O is for Oceans

I never heard of the Southern Ocean! It wasn’t in my fourth grade geography book.


This post was inspired by an episode of the TV show JEOPARDY! Specifically, April 4, 2011 final. The category was WORLD GEOGRAPHY: “These 3 nations each border the world’s largest & smallest oceans.”

I must admit that I sussed out the answer immediately. From the responses, however, it was clear that none of the contestants knew a key element of the clue. One response was India and Sri Lanka; another Australia, Papua New Guinea, and Borneo; and the third, Australia, Indonesia, and Malaysia.

So, what ARE the largest and smallest oceans in the world?

The largest, by a considerable margin, is the Pacific Ocean, with 64,186,000 square miles (166.241 million sq km). But you all knew that, didn’t you?
The second-largest, of course, is the Atlantic Ocean, with 33,420,000 square miles (86.557 million sq km); I wasn’t aware of such a disparity of size between the Pacific and Atlantic.
The third-largest is the Indian Ocean, at 28,350,000 square miles (73.426 million sq km). This, clearly, is the ocean that the contestants thought was the smallest; not so.

The fourth-largest is the Southern Ocean at 7,848,300 square miles (20.327 million sq km). WHAT? I never heard of it! It wasn’t in my fourth-grade geography book. “Until the year 2000, there were four recognized oceans: the Pacific, Atlantic, Indian, and Arctic. In the Spring of 2000, the International Hydrographic Organization delimited a new ocean, the Southern Ocean (it surrounds Antarctica and extends to 60 degrees latitude).”
The smallest ocean, then, has to be the Arctic Ocean at 5,106,000 square miles (13.224 million sq km).

So, if the largest ocean is the Pacific, and the smallest the Arctic, what three countries border both?

While you think about it, a bit about oceans: The ocean covers 71 percent of the Earth’s surface and contains 97 percent of the planet’s water, yet more than 95 percent of the underwater world remains unexplored.
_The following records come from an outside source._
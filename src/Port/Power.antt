-- ===== src/Port/Power.antt =====
-- port/nucleo_stm32f446re/src/port_system.c: the SysTick interrupt's switch and handler.
use transmisor_receptor_ir.Common.{◌+◌, true, false, u32}
use transmisor_receptor_ir.Port.State.{Board}

unfoldable pub port_system_systick_suspend : Board → Board
port_system_systick_suspend b = record b { tickint = false }

unfoldable pub port_system_systick_resume : Board → Board
port_system_systick_resume b = record b { tickint = true }

unfoldable pub sys_tick_handler : Board → Board
sys_tick_handler b = record b { ms_ticks = u32 (b.ms_ticks + 1); systicks = b.systicks + 1 }
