-- ===== src/Port/Handlers.antt =====
-- The interrupt service routines of the port's files: port_button.c, port_rx.c and port_tx.c (and
-- port_system.c, in Port/Power), under port/nucleo_stm32f446re/src.
use transmisor_receptor_ir.Common.{
  ℕ, ◌+◌, ◌%◌, false, not, ◌&&◌, ◌||◌, [], ◌∷◌, ◌++◌, ltb, ◌==◌, if◌then◌else◌, bit_and, bit_or,
  set, replicate, u16, u32,
}
use transmisor_receptor_ir.Port.State.{Board, gpiob, gpioc}
use transmisor_receptor_ir.Port.Gpio.{bit_pos_to_mask, port_system_gpio_read}
use transmisor_receptor_ir.Port.Power.{port_system_systick_resume}

-- port_button.h, port_rx.h and fsm_rx_nec.h
abbrev pub button_0_pin : ℕ
button_0_pin = 13

abbrev pub ir_rx_0_pin : ℕ
ir_rx_0_pin = 6

abbrev pub nec_frame_edges : ℕ
nec_frame_edges = 256

-- `EXTI->PR |= mask`: the register is read, and what is read is written back with the mask.
abbrev pub write_pr : ℕ → Board → Board
write_pr mask b = record b { exti = record (b.exti) { pr_write = bit_or b.exti.pr mask } }

unfoldable pub exti15_10_irq_handler : Board → Board
unfolding port_system_systick_resume port_system_gpio_read
exti15_10_irq_handler b =
    let b' = port_system_systick_resume b in
    if bit_and b'.exti.pr (bit_pos_to_mask button_0_pin) == 0
    then b'
    else write_pr (bit_pos_to_mask button_0_pin)
        (record b' { flag_pressed = not (port_system_gpio_read gpioc button_0_pin b') })

-- `memset` of the array, and the index.
unfoldable pub reset_edge_ticks_idx : Board → Board
reset_edge_ticks_idx b = record b { edge_ticks = replicate nec_frame_edges 0; edge_idx = 0 }

-- The level is read twice; it is taken to be the same at both reads.
unfoldable pub store_edge_tick : Board → Board
unfolding port_system_gpio_read
store_edge_tick b =
    let value = b.edge_idx in
    let level = port_system_gpio_read gpiob ir_rx_0_pin b in
    if not level && value % 2 == 0 || level && not (value % 2 == 0)
    then (if ltb b.edge_idx nec_frame_edges
        then record b {
          edge_ticks = set b.edge_ticks b.edge_idx (u16 b.tim3.cnt);
          edge_idx = u16 (b.edge_idx + 1);
        }
        else b)
    else b

unfoldable pub exti9_5_irq_handler : Board → Board
unfolding port_system_systick_resume store_edge_tick
exti9_5_irq_handler b =
    let b' = port_system_systick_resume b in
    if bit_and b'.exti.pr (bit_pos_to_mask ir_rx_0_pin) == 0
    then b'
    else store_edge_tick (write_pr (bit_pos_to_mask ir_rx_0_pin) b')

unfoldable pub tim1_up_tim10_irq_handler : Board → Board
tim1_up_tim10_irq_handler b = record b {
  tim1 = record (b.tim1) { uif = false };
  symbol_tick = u32 (b.symbol_tick + 1);
  symbols = b.symbols + 1;
  on_air = b.on_air ++ (b.cc3e && b.tim2.cen) ∷ [];
}
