-- ===== src/Port/Interrupts.antt =====
-- Interrupts between the program's accesses to what the service routines share. A routine runs as
-- a whole.
use transmisor_receptor_ir.Common.{◌+◌, Bool, ◌&&◌, List, [], ◌∷◌, if◌then◌else◌}
use transmisor_receptor_ir.Port.State.{
  Irq, systick, tim1_up, exti15_10, exti9_5, exti15_10_irqn, exti9_5_irqn, tim1_up_tim10_irqn,
  Board, gpiob, gpioc,
}
use transmisor_receptor_ir.Port.Gpio.{put_gpio}
use transmisor_receptor_ir.Port.Power.{sys_tick_handler}
use transmisor_receptor_ir.Port.Handlers.{
  exti15_10_irq_handler, exti9_5_irq_handler, tim1_up_tim10_irq_handler,
}

-- What hardware shows in the registers when an interrupt is taken.
abbrev pub shown : Irq → Board → Board
shown systick b = b
shown tim1_up b = b
shown (exti15_10 pr idr) b =
    put_gpio gpioc (record (b.gpio gpioc) { idr = idr })
      (record b { exti = record (b.exti) { pr = pr } })
shown (exti9_5 pr idr cnt) b =
    put_gpio gpiob (record (b.gpio gpiob) { idr = idr })
      (record b { exti = record (b.exti) { pr = pr }; tim3 = record (b.tim3) { cnt = cnt } })

-- An interrupt that is turned off is not taken.
unfoldable pub is_on : Irq → Board → Bool
is_on systick b = b.tickint
is_on tim1_up b = b.tim1.cen && b.tim1.uie && b.irq_on tim1_up_tim10_irqn
is_on (exti15_10 pr idr) b = b.irq_on exti15_10_irqn
is_on (exti9_5 pr idr cnt) b = b.irq_on exti9_5_irqn

abbrev handler : Irq → Board → Board
handler systick = sys_tick_handler
handler tim1_up = tim1_up_tim10_irq_handler
handler (exti15_10 pr idr) = exti15_10_irq_handler
handler (exti9_5 pr idr cnt) = exti9_5_irq_handler

unfoldable pub serve : Irq → Board → Board
unfolding is_on sys_tick_handler exti15_10_irq_handler exti9_5_irq_handler tim1_up_tim10_irq_handler
serve i b = if is_on i b then handler i (shown i b) else b

unfoldable pub serve_all : List Irq → Board → Board
serve_all [] b = b
serve_all (i ∷ is) b = serve_all is (serve i b)

-- The interrupts that arrive before the next access are served.
unfoldable pub poll : Board → Board
unfolding serve_all
poll b = serve_all (b.arrivals b.accesses) (record b { accesses = b.accesses + 1 })
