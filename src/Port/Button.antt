-- ===== src/Port/Button.antt =====
-- port/nucleo_stm32f446re/src/port_button.c. There is one button, with the id 0: another id reads
-- outside `buttons_arr`, and the ids of the program are all 0.
use transmisor_receptor_ir.Common.{ℕ, Bool}
use transmisor_receptor_ir.Port.State.{Board, gpioc}
use transmisor_receptor_ir.Port.Gpio.{
  gpio_mode_in, gpio_pupdr_nopull, trigger_both_edge, trigger_enable_interr_req,
  port_system_gpio_config, port_system_gpio_config_exti, port_system_gpio_exti_enable,
}
use transmisor_receptor_ir.Port.Handlers.{button_0_pin}
use transmisor_receptor_ir.Port.Interrupts.{poll}

abbrev pub button_0_id : ℕ
button_0_id = 0

abbrev pub button_0_debounce_time_ms : ℕ
button_0_debounce_time_ms = 150

unfoldable pub port_button_init : ℕ → Board → Board
unfolding port_system_gpio_config port_system_gpio_config_exti port_system_gpio_exti_enable
port_button_init button_id b =
    let b₁ = port_system_gpio_config gpioc button_0_pin gpio_mode_in gpio_pupdr_nopull b in
    let b₂ = port_system_gpio_config_exti gpioc button_0_pin trigger_both_edge b₁ in
    let b₃ = port_system_gpio_config_exti gpioc button_0_pin trigger_enable_interr_req b₂ in
    port_system_gpio_exti_enable button_0_pin 1 0 b₃

unfoldable pub port_button_is_pressed : ℕ → Board → Bool × Board
port_button_is_pressed button_id b = let b' = poll b in (b'.flag_pressed, b')

-- `port_system_get_millis` (port_system.c)
unfoldable pub port_system_get_millis : Board → ℕ × Board
port_system_get_millis b = let b' = poll b in (b'.ms_ticks, b')

unfoldable pub port_button_get_tick : Board → ℕ × Board
unfolding port_system_get_millis
port_button_get_tick b = port_system_get_millis b
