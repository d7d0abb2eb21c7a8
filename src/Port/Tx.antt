-- ===== src/Port/Tx.antt =====
-- port/nucleo_stm32f446re/src/port_tx.c. There is one transmitter, with the id 0.
use transmisor_receptor_ir.Common.{ℕ, Bool, true, false, ◌==◌, if◌then◌else◌, set_bits}
use transmisor_receptor_ir.Port.State.{Board, gpiob, tim1_up_tim10_irqn}
use transmisor_receptor_ir.Port.Gpio.{
  gpio_mode_alternate, gpio_pupdr_nopull, nvic, set_priority, port_system_gpio_config,
  port_system_gpio_config_alternate,
}
use transmisor_receptor_ir.Port.Interrupts.{poll}

-- port_tx.h
abbrev pub ir_tx_0_id : ℕ
ir_tx_0_id = 0

abbrev pub ir_tx_0_pin : ℕ
ir_tx_0_pin = 10

abbrev alt_func1_tim2 : ℕ
alt_func1_tim2 = 1

unfoldable pub timer_symbol_setup : Board → Board
timer_symbol_setup b =
    let b' : Board = record b {
      tim1 = record (b.tim1) {
        clock_on = true;
        cnt = 0;
        arr = 899;
        psc = 0;
        ug = true;
        uif = false;
        uie = true;
      };
    } in
    nvic tim1_up_tim10_irqn true (set_priority tim1_up_tim10_irqn 1 0 b')

unfoldable pub timer_pwm_setup : ℕ → Board → Board
unfolding set_bits
timer_pwm_setup tx_id b =
    if tx_id == ir_tx_0_id
    then record b {
      tim2 = record (b.tim2) { clock_on = true; cnt = 0; arr = 420; psc = 0; ug = true };
      cc3e = false;
      ccmr2 = set_bits b.ccmr2 0x60;
      oc3pe = true;
      ccr3 = 147;
    }
    else b

unfoldable pub port_tx_pwm_timer_set : ℕ → Bool → Board → Board
port_tx_pwm_timer_set tx_id status b =
    if tx_id == ir_tx_0_id
    then (if status
        then record b { cc3e = true; tim2 = record (b.tim2) { cen = true } }
        else record b { cc3e = false; tim2 = record (b.tim2) { cen = false } })
    else b

unfoldable pub port_tx_init : ℕ → Bool → Board → Board
unfolding port_system_gpio_config port_system_gpio_config_alternate timer_symbol_setup
    timer_pwm_setup port_tx_pwm_timer_set
port_tx_init tx_id status b =
    let b₁ = port_system_gpio_config gpiob ir_tx_0_pin gpio_mode_alternate gpio_pupdr_nopull b in
    let b₂ = port_system_gpio_config_alternate gpiob ir_tx_0_pin alt_func1_tim2 b₁ in
    port_tx_pwm_timer_set tx_id status (timer_pwm_setup tx_id (timer_symbol_setup b₂))

-- The timer is started first; an interrupt may still come before the count is reset.
unfoldable pub port_tx_symbol_tmr_start : Board → Board
port_tx_symbol_tmr_start b =
    let b' = poll (record b { tim1 = record (b.tim1) { cnt = 0; cen = true } }) in
    record b' { symbol_tick = 0; symbols = 0 }

unfoldable pub port_tx_symbol_tmr_stop : Board → Board
port_tx_symbol_tmr_stop b = record b { tim1 = record (b.tim1) { cen = false } }

unfoldable pub port_tx_tmr_get_tick : Board → ℕ × Board
port_tx_tmr_get_tick b = let b' = poll b in (b'.symbol_tick, b')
Obviously, the bordering nations have to be large, northern countries. Two immediately came to mind: Russia and Canada. What’s the third? The United States! Specifically Alaska. (The Pacific is at the top of this map, with North America to the left and Asia to the right.)

Interestingly, the first contestant started writing the US, Canada and Mexico, bailed and went with the answer shown. Even though I knew the answer to the question, I learned something too from this exercise!